Go to the line holding "-- HealthUsecase of" in the entries below and write out exactly every line down to and including the line holding "ping_all (check ∷".

(Saved data entries)
=== Section Start ===
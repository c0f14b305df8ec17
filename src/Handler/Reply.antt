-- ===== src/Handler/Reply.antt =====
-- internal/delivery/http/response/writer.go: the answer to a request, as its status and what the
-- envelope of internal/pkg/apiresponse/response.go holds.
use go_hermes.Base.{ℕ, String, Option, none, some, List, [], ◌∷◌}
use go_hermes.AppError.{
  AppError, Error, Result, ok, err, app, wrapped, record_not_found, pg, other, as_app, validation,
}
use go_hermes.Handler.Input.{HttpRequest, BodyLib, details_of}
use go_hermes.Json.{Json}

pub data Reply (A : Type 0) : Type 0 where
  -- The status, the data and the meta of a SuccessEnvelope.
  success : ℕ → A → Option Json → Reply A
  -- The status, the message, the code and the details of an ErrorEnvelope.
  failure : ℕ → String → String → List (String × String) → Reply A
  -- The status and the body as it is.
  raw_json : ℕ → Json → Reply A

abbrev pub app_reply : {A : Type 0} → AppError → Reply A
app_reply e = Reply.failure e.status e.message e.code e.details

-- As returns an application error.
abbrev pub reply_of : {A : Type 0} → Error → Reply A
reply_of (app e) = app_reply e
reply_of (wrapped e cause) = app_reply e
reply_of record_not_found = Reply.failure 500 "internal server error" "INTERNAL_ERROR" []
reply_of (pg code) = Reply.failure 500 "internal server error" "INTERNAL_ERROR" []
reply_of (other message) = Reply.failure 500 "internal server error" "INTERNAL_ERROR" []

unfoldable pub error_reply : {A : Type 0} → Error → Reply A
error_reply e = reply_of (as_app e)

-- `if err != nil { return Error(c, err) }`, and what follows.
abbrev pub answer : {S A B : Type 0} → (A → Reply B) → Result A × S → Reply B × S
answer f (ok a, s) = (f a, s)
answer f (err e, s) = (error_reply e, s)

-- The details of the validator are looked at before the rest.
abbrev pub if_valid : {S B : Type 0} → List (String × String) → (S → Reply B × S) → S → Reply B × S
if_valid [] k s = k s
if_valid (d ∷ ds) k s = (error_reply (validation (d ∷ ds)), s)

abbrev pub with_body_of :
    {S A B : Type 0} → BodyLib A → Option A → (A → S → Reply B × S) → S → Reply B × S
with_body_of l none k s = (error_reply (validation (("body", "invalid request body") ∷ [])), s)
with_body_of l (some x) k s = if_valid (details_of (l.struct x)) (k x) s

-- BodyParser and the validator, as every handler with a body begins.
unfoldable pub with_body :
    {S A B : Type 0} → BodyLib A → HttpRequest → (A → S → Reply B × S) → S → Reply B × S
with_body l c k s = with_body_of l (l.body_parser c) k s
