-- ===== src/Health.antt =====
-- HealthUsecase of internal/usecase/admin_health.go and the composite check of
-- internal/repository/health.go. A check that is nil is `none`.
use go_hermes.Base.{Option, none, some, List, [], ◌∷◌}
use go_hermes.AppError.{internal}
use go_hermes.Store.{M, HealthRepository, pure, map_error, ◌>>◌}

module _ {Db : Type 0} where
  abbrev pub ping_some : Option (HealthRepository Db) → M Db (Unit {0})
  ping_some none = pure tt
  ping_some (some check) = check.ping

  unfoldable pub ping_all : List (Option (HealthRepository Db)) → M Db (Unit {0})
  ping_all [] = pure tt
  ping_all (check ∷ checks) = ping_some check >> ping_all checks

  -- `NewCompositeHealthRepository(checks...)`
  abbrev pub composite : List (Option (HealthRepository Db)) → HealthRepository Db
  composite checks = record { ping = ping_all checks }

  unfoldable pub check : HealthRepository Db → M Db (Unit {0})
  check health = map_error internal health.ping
=== Section End ===
=== Section Start ===
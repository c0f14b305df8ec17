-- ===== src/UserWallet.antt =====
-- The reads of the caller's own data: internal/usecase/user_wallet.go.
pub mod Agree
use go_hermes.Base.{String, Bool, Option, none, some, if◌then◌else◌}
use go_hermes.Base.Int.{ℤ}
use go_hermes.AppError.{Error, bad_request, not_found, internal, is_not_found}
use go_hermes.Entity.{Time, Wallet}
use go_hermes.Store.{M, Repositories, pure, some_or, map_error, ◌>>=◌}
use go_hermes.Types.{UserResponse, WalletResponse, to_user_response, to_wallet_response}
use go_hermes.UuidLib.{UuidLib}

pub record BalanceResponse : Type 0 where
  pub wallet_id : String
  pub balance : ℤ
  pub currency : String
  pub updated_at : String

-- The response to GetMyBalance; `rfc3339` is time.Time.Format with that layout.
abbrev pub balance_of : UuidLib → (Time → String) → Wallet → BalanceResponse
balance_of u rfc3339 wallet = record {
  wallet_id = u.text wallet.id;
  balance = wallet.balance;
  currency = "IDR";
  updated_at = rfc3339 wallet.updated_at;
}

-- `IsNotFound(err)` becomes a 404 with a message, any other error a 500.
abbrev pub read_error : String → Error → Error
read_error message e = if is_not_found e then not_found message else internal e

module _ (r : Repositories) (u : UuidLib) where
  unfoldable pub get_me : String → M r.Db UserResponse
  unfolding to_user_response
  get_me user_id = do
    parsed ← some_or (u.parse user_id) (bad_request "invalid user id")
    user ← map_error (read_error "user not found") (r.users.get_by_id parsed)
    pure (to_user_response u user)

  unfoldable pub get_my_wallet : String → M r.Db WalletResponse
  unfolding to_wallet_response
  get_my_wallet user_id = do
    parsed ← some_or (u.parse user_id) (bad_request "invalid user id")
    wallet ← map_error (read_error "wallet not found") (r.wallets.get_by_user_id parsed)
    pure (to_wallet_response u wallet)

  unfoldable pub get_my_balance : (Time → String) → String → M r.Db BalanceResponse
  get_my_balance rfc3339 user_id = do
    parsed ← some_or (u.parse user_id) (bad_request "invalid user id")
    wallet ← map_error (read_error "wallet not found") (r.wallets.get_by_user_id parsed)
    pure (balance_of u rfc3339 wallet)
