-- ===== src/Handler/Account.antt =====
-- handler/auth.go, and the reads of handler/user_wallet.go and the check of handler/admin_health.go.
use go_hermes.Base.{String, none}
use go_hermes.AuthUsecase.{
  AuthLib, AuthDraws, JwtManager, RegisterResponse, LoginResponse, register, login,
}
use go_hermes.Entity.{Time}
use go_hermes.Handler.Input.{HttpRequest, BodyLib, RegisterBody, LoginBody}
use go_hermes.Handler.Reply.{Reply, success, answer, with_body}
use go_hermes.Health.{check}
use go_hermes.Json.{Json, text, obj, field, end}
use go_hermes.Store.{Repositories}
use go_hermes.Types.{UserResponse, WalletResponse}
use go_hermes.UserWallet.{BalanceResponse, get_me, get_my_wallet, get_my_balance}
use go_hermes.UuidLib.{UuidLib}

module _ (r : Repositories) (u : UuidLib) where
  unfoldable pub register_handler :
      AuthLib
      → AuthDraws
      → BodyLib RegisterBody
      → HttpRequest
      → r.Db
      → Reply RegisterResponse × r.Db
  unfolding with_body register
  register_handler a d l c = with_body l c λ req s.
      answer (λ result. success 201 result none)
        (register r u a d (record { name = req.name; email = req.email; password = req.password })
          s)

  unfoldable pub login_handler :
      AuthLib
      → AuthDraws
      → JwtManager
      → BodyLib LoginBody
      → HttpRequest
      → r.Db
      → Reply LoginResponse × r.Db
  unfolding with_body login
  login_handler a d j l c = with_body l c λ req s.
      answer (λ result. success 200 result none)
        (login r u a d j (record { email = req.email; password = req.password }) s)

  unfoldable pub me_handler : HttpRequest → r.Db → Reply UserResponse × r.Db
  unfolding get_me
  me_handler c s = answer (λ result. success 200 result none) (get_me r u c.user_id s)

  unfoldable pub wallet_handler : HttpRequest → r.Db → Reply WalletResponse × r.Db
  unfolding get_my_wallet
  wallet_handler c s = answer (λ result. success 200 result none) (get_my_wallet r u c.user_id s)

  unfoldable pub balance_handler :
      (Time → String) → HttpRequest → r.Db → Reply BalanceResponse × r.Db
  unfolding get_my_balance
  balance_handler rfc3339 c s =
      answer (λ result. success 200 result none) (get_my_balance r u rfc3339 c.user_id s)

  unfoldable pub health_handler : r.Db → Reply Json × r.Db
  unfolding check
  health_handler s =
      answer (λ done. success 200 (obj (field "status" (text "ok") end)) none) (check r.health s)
=== Section End ===
=== Section Start ===
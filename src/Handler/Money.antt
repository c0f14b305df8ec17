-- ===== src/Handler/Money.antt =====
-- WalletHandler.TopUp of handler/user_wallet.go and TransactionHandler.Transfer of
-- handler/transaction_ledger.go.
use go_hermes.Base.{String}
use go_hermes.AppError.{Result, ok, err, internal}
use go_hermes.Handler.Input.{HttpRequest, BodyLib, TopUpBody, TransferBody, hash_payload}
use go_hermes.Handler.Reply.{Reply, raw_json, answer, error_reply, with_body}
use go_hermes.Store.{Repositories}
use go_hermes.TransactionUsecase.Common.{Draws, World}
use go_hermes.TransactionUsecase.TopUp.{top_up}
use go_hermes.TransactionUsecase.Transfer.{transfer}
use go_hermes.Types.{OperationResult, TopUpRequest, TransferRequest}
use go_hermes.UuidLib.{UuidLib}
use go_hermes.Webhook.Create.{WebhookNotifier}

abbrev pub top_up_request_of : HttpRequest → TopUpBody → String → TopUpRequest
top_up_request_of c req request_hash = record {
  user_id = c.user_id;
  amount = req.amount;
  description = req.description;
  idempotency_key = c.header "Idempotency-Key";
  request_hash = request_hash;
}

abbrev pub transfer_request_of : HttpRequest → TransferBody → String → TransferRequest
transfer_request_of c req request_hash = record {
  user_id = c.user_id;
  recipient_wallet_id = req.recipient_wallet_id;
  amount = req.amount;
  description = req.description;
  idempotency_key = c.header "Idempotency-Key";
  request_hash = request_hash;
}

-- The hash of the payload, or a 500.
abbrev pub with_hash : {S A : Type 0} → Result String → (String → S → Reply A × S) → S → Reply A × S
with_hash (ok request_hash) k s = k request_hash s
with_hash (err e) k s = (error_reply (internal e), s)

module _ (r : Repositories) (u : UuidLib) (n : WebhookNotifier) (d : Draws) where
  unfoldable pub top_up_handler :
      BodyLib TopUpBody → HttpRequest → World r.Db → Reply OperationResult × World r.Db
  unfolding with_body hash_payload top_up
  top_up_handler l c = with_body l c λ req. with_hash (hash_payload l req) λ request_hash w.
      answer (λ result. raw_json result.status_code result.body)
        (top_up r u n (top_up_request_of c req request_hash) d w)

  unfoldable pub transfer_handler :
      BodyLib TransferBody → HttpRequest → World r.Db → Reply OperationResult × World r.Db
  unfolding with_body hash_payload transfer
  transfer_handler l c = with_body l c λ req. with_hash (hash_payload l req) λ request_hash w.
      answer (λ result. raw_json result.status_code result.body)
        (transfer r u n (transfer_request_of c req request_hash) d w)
=== Section End ===
> **Solution to this task**:
-- HealthUsecase of internal/usecase/admin_health.go and the composite check of
-- internal/repository/health.go. A check that is nil is `none`.
use go_hermes.Base.{Option, none, some, List, [], ◌∷◌}
use go_hermes.AppError.{internal}
use go_hermes.Store.{M, HealthRepository, pure, map_error, ◌>>◌}

module _ {Db : Type 0} where
  abbrev pub ping_some : Option (HealthRepository Db) → M Db (Unit {0})
  ping_some none = pure tt
  ping_some (some check) = check.ping

  unfoldable pub ping_all : List (Option (HealthRepository Db)) → M Db (Unit {0})
  ping_all [] = pure tt
  ping_all (check ∷ checks) = ping_some check >> ping_all checks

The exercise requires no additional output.